This simple set of java classes support the workflow for the WSLS project at UVA's Libraries. Code exists to transform spreadsheets into PBCore records, and fedora object XML exists to support the validation and transformation of that PBCore into SOLR add documents suitable for use in Virgo (a Blacklight-based discovery system).
A sophisticated program that takes a suite of inputs and ingests records to the configured repository and indexes them in the configured solr index.
The required configurations are found and explained in the /src/main/resources/conf/ directory.
For each bi-weekly batch ingest:
-
download the latest cataloging spreadsheet and update ingest.properties to reference it and the old version.
-
download the master file if it has been updated and update ingest.properties to reference it and the old version
-
run the production ingester as follows...
mvn exec:java -Dexec.mainClass=edu.virginia.lib.wsls.fedora.ProductionIngester
- uva-lib:documentedMappingCModel: a content model for objects that contain XSLT that converts to SOLR and has documentation about which original fields map to which SOLR fields.
- uva-lib:documentedMappingSDef: the service definition which defines the method "getMappingDocumentation" which returns an HTML response that when rendered presents a table showing which fields in the source document map to which fields in the result document.
- uva-lib:documentedMappingSDep: the service deployment that implements the above method using XSLT.
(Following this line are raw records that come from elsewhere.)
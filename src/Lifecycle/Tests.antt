-- ===== src/Lifecycle/Tests.antt =====
-- A tenant from its creation to its suspension, with a cut-off job, a failure and a retry.
use gatway_pagamento_escrito.Prelude.{
  ℕ, ◌+◌, ◌≡◌, refl, true, Option, none, some, List, [], ◌∷◌, zero, suc,
}
use gatway_pagamento_escrito.Failure.{◌>>=◌}
use gatway_pagamento_escrito.Idempotency.{execute}
use gatway_pagamento_escrito.Common.{User, record_mutation, to_safe_integer}
use gatway_pagamento_escrito.Auth.Password.{Chars, validate_password_policy, hash_password}
use gatway_pagamento_escrito.Admin.{
  Realm, TenantStatus, PlanStatus, PlanRow, PlanPriceRow, Interval, Scope-discrete,
}
use gatway_pagamento_escrito.Tenants.Repository.{
  get_plan_selection, create_tenant, find_tenant, has_tenant_identity, update_tenant,
  create_admin_identity,
}
use gatway_pagamento_escrito.Tenants.Changes.{
  CreateTenantRequest, CreateTenantAdminRequest, RequestedStatus, create_tenant_tx,
  create_administrator_tx, update_status_tx, retry_provisioning_tx,
}
use gatway_pagamento_escrito.Tenants.Service.{
  create_tenant_call, create_administrator_call, update_status_call, retry_provisioning_call,
}
use gatway_pagamento_escrito.Worker.Provisioning.{
  upsert_attempt, begin_provisioning, finish_provisioning, fail_provisioning, begin_administrator,
  activate_tenant,
}
use gatway_pagamento_escrito.Lifecycle.Phases.{Lock}
use gatway_pagamento_escrito.Lifecycle.Jobs.{
  World, begin_database_job, finish_database_job, fail_database_job, begin_administrator_job,
  finish_administrator_job, end_job,
}
use gatway_pagamento_escrito.Lifecycle.System.{Outside, Event, IsSettled, apply, run, unraced}
use gatway_pagamento_escrito.Lifecycle.History.{run-IsSettled}
use gatway_pagamento_escrito.Lifecycle.Progress.{tenant}

abbrev plan : PlanRow
plan = record {
  id = 1;
  name = 10;
  slug = 11;
  status = PlanStatus.active;
  trial_days = 7;
  description = none;
  created_at = 0;
  updated_at = 0;
  deleted_at = none;
}

abbrev price : PlanPriceRow
price = record {
  id = 2;
  plan_id = 1;
  currency = 986;
  billing_interval = Interval.monthly;
  amount_cents = 2500;
  effective_from = 0;
  effective_to = none;
}

abbrev pub start : World
start = record {
  db = record {
    keys = [];
    next_id = 0;
    tables = record {
      identities = [];
      tenants = [];
      plans = plan ∷ [];
      plan_prices = price ∷ [];
      subscriptions = [];
      invoices = [];
      invoice_items = [];
      payments = [];
      plan_features = [];
      provisioning_attempts = [];
      outbox = [];
      next_outbox_id = 0;
      audit_logs = [];
    };
  };
  locks = λ _. Lock.free;
  reads = λ _ _. none;
}

abbrev thirty_days : Interval → ℕ → ℕ
thirty_days interval now = now + 2_592_000_000

abbrev pub outside : Outside
outside = record {
  hash_create = λ input. input.slug;
  hash_administrator = λ input. input.email;
  hash_status = λ input. input.tenant_id;
  hash_retry = λ tenant_id. tenant_id;
  lower = λ text. text;
  trim_lower = λ text. text;
  to_lower_case = λ text. text;
  period_end = thirty_days;
  argon2_hash = λ salt password. salt;
}

abbrev pub owner : User
owner = record { realm = Realm.platform; user_id = 3 }

abbrev office : CreateTenantRequest
office = record {
  name = 20;
  slug = 21;
  legal_name = none;
  trade_name = none;
  tax_id = some 22;
  contact_email = 23;
  plan_id = 1;
  plan_price_id = 2;
}

abbrev letters : ℕ → Chars
letters zero = []
letters (suc n) = (65 + n) ∷ letters n

abbrev administrator : CreateTenantAdminRequest
administrator = record { email = 30; temporary_password = letters 16; display_name = 31 }

-- The first job is cut off, the second one fails.
abbrev creation : List Event
creation =
    Event.create_tenant owner 100 office 5 6 1000
    ∷ Event.begin_database 5 1100
    ∷ Event.end_of_job 5
    ∷ Event.begin_database 5 1200
    ∷ Event.fail_database 5 77 1300
    ∷ Event.read_for_retry 1 5
    ∷ Event.retry_provisioning 1 owner 5 101 1400
    ∷ []

abbrev created : World
created = run outside creation start

abbrev later : List Event
later =
    Event.begin_database 5 1500
    ∷ Event.finish_database 5 50 5432 none 1600
    ∷ Event.create_administrator owner 5 102 administrator 8 9 1700
    ∷ Event.begin_administrator 5 9
    ∷ Event.finish_administrator 5 9 none 1800
    ∷ Event.update_status owner 5 103 RequestedStatus.suspended 1900
    ∷ []

abbrev status : World → Option TenantStatus
status w = elim (tenant 5 w) [ none ↦ none | some row ↦ some row.status ]

run_creation : status created ≡ some TenantStatus.provisioning
unfolding run apply execute create_tenant_call retry_provisioning_call create_tenant_tx
    retry_provisioning_tx get_plan_selection create_tenant find_tenant update_tenant
    begin_database_job fail_database_job end_job begin_provisioning fail_provisioning upsert_attempt
    record_mutation to_safe_integer ◌>>=◌ Scope-discrete
run_creation = refl

run_life : status (run outside later created) ≡ some TenantStatus.suspended
unfolding run apply execute create_tenant_call retry_provisioning_call create_tenant_tx
    retry_provisioning_tx get_plan_selection create_tenant find_tenant update_tenant
    begin_database_job fail_database_job end_job begin_provisioning fail_provisioning upsert_attempt
    record_mutation to_safe_integer ◌>>=◌ Scope-discrete finish_database_job finish_provisioning
    create_administrator_call create_administrator_tx validate_password_policy hash_password
    has_tenant_identity create_admin_identity begin_administrator_job begin_administrator
    finish_administrator_job activate_tenant update_status_call update_status_tx
run_life = refl

start-IsSettled : IsSettled start
start-IsSettled = record {
  keys = tt;
  tenants = record { phases = tt; distinct = tt; held = λ _ _. refl };
}

creation_is_unraced : unraced outside creation start ≡ true
unfolding unraced run apply execute create_tenant_call retry_provisioning_call create_tenant_tx
    retry_provisioning_tx get_plan_selection create_tenant find_tenant update_tenant
    begin_database_job fail_database_job end_job begin_provisioning fail_provisioning upsert_attempt
    record_mutation to_safe_integer ◌>>=◌ Scope-discrete
creation_is_unraced = refl

run-IsSettled_example : IsSettled created
run-IsSettled_example = run-IsSettled outside creation start creation_is_unraced start-IsSettled
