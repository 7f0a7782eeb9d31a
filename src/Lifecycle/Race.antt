-- ===== src/Lifecycle/Race.antt =====
-- `retryProvisioning` and a job: the request reads the tenant without a lock and writes it without
-- reading it again.
use gatway_pagamento_escrito.Prelude.{ℕ}
use gatway_pagamento_escrito.Tenants.Repository.{find_tenant}
use gatway_pagamento_escrito.Worker.Provisioning.{start_attempt}
use gatway_pagamento_escrito.Lifecycle.Phases.{creating}
use gatway_pagamento_escrito.Lifecycle.Jobs.{World, with_tables}
use gatway_pagamento_escrito.Lifecycle.System.{set_read}

-- The world after the read and the start of the job
abbrev busy : ℕ → ℕ → ℕ → World → World
busy request k begin_at w =
    with_tables (record w { reads = set_read request k (find_tenant k w.db.tables) w.reads })
      (start_attempt k begin_at w.db.tables) creating k
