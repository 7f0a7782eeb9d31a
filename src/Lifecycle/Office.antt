-- ===== src/Lifecycle/Office.antt =====
-- A tenant with its administrator and a pending subscription: the theorems on jobs applied.
use gatway_pagamento_escrito.Prelude.{ℕ, ◌≡◌, refl, Option, none, some, [], ◌∷◌, true}
use native.Mathlib.Omega.{arith}
use gatway_pagamento_escrito.Admin.{
  Realm, IdentityStatus, IdentityRow, TenantStatus, ProvisioningStatus, TenantRow, Interval,
  SubscriptionStatus, SubscriptionRow,
}
use gatway_pagamento_escrito.Lifecycle.Phases.{Lock}
use gatway_pagamento_escrito.Lifecycle.Jobs.{World}
use gatway_pagamento_escrito.Lifecycle.System.{Event, run}
use gatway_pagamento_escrito.Lifecycle.Tests.{start, outside}
use gatway_pagamento_escrito.Lifecycle.Progress.{tenant, run-provisions, run-expired}

-- The first period of the tenant ends at 3000.
abbrev office_row : TenantStatus → ProvisioningStatus → Option ℕ → TenantRow
office_row s p database = record {
  id = 5;
  name = 20;
  slug = 21;
  legal_name = none;
  trade_name = none;
  tax_id = none;
  contact_email = 23;
  database_name = database;
  database_host = database;
  database_port = database;
  status = s;
  plan = 11;
  plan_id = some 1;
  provisioning_status = p;
  created_by_identity_id = some 3;
  activated_at = none;
  suspended_at = none;
  last_error_code = none;
  created_at = 1000;
  updated_at = 1000;
}

abbrev pending : SubscriptionRow
pending = record {
  id = 6;
  tenant_id = 5;
  plan_id = 1;
  plan_price_id = 2;
  status = SubscriptionStatus.pending;
  currency = 986;
  billing_interval = Interval.monthly;
  amount_cents = 2500;
  current_period_start = 1000;
  current_period_end = 3000;
  trial_ends_at = none;
  canceled_at = none;
  deleted_at = none;
  created_at = 1000;
  updated_at = 1000;
}

abbrev identity : IdentityRow
identity = record {
  id = 9;
  email = 30;
  display_name = some 31;
  normalized_email = 30;
  password_hash = 8;
  realm = Realm.tenant;
  tenant_id = some 5;
  status = IdentityStatus.pending;
  must_change_password = true;
  mfa_required = true;
  password_changed_at = none;
  last_login_at = none;
  locked_until = none;
  deleted_at = none;
}

abbrev office_world : TenantRow → World
office_world row = record {
  db = record start.db {
    tables = record start.db.tables {
      identities = identity ∷ [];
      tenants = row ∷ [];
      subscriptions = pending ∷ [];
    };
  };
  locks = λ _. Lock.free;
  reads = λ _ _. none;
}

abbrev waiting_row : TenantRow
waiting_row = office_row TenantStatus.provisioning ProvisioningStatus.running none

abbrev ready_row : TenantRow
ready_row = office_row TenantStatus.suspended ProvisioningStatus.completed (some 5)

run-provisions_example :
    tenant 5 (
      run outside
        (Event.end_of_job 5
          ∷ Event.begin_database 5 1500
          ∷ Event.finish_database 5 50 5432 none 1600
          ∷ [])
        (office_world waiting_row))
    ≡ some (record waiting_row {
      database_name = some 5;
      database_host = some 50;
      database_port = some 5432;
      status = TenantStatus.pending_admin;
      provisioning_status = ProvisioningStatus.completed;
      last_error_code = none;
      updated_at = 1600;
    })
run-provisions_example =
    run-provisions outside (office_world waiting_row) 5 50 5432 none 1500 1600 waiting_row refl refl

run-expired_example :
    (run outside
      (Event.begin_administrator 5 9 ∷ Event.finish_administrator 5 9 none 3000 ∷ [])
      (office_world ready_row)).db
    ≡ (office_world ready_row).db
run-expired_example =
    run-expired outside (office_world ready_row) 5 9 none 3000 pending refl (omega arith)

abbrev failed_row : TenantRow
failed_row = office_row TenantStatus.failed ProvisioningStatus.failed none
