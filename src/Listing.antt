-- ===== src/Listing.antt =====
-- The lists of the platform services: a query in descending order of creation from a cursor on, a
-- page of what it found and the cursor of the next page, as `page` of
-- apps/api/src/modules/billing/billing.service.ts and the `list` methods of the other services have
-- it. PostgreSQL keeps the time of a row in microseconds; a `Date`, and with it a cursor, holds
-- milliseconds.
mod Order
pub mod Walk
mod Missed
pub mod Filters
pub mod Services
mod Statuses
pub mod Cursors
mod Tests
use gatway_pagamento_escrito.Prelude.{
  ℕ, zero, suc, ◌+◌, ◌*◌, ◌/◌, Bool, true, false, ◌&&◌, ◌||◌, Option, none, some, List, [], ◌∷◌,
  ◌++◌, ltb, ◌==◌, if◌then◌else◌, length, take, select,
}

pub record Cursor : Type 0 where
  pub created_at : ℕ
  pub id : ℕ

pub record Page (Item : Type 0) : Type 0 where
  pub items : List Item
  pub next_cursor : Option Cursor

-- `page.at(-1)`
abbrev pub last_of : {A : Type 0} → List A → Option A
last_of [] = none
last_of (x ∷ []) = some x
last_of (x ∷ y ∷ ys) = last_of (y ∷ ys)

module _ {Row : Type 0} (created_us id : Row → ℕ) where
  -- `orderBy("created_at", "desc").orderBy("id", "desc")`: `a` comes before `b`.
  abbrev pub comes_first : Row → Row → Bool
  comes_first a b =
      ltb (created_us b) (created_us a) || (created_us b == created_us a && ltb (id b) (id a))

  abbrev pub place : Row → List Row → List Row
  place x [] = x ∷ []
  place x (y ∷ ys) = let rest = place x ys in if comes_first x y then x ∷ y ∷ ys else y ∷ rest

  unfoldable pub order_rows : List Row → List Row
  order_rows [] = []
  order_rows (x ∷ xs) = place x (order_rows xs)

  -- The condition that a cursor adds to the query
  abbrev pub is_after : Cursor → Row → Bool
  is_after c row =
      ltb (created_us row) (1000 * c.created_at)
      || (created_us row == 1000 * c.created_at && ltb (id row) c.id)

  abbrev pub from_cursor : Option Cursor → Row → Bool
  from_cursor none row = true
  from_cursor (some c) row = is_after c row

  -- The query of a repository, with one row more than the page; `WHERE` keeps the order.
  unfoldable pub list_rows : (Row → Bool) → ℕ → Option Cursor → List Row → List Row
  unfolding order_rows
  list_rows matches limit before rows =
      take (suc limit) (select (λ row. matches row && from_cursor before row) (order_rows rows))

  -- `{ createdAt: last.created_at, id: last.id }`
  abbrev pub cursor_of : Option Row → Option Cursor
  cursor_of none = none
  cursor_of (some row) = some (record { created_at = created_us row / 1000; id = id row })

  -- `page`, before the rows are mapped
  unfoldable pub page : List Row → ℕ → Page Row
  page rows limit = record {
    items = take limit rows;
    next_cursor = if ltb limit (length rows) then cursor_of (last_of (take limit rows)) else none;
  }

  abbrev pub fetch : (Row → Bool) → ℕ → List Row → Option Cursor → Page Row
  fetch matches limit rows before = page (list_rows matches limit before rows) limit

  abbrev pub prepend : List Row → Option (List Row) → Option (List Row)
  prepend xs none = none
  prepend xs (some ys) = some (xs ++ ys)

  -- A client that follows the cursors, for at most so many pages
  unfoldable pub walk : (Row → Bool) → ℕ → List Row → ℕ → Option Cursor → Option (List Row)
  unfolding page list_rows
  walk matches limit rows zero before = none
  walk matches limit rows (suc n) before =
      let p = fetch matches limit rows before in
      elim p.next_cursor [
        | none ↦ some p.items
        | some c ↦ prepend p.items (walk matches limit rows n (some c))
      ]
- uva-lib:indexableSDef: a service definition which defines the method "getIndexingMetadata" which is meant to return a SOLR add doc that includes a record compatible iwth UVa's Virgo (a Blacklight-based discovery system)
- uva-lib:pbcore2CModel: a content model for objects that contain valid PBCore 2.0 records in the "metadata" datastream.
- uva-lib:wslsPBCore2IndexableSDep: a service deployment that implements uva-lib:indexableSDef to generate a SOLR index document from a PBCore 2.0 record that is tailored to the WSLS project
- uva-lib:wslsScriptCModel: a content model for WSLS anchor script objects. These must contain the PDF of the anchor script, a text representation of the script and a PNG thumbnail image of the scanned script.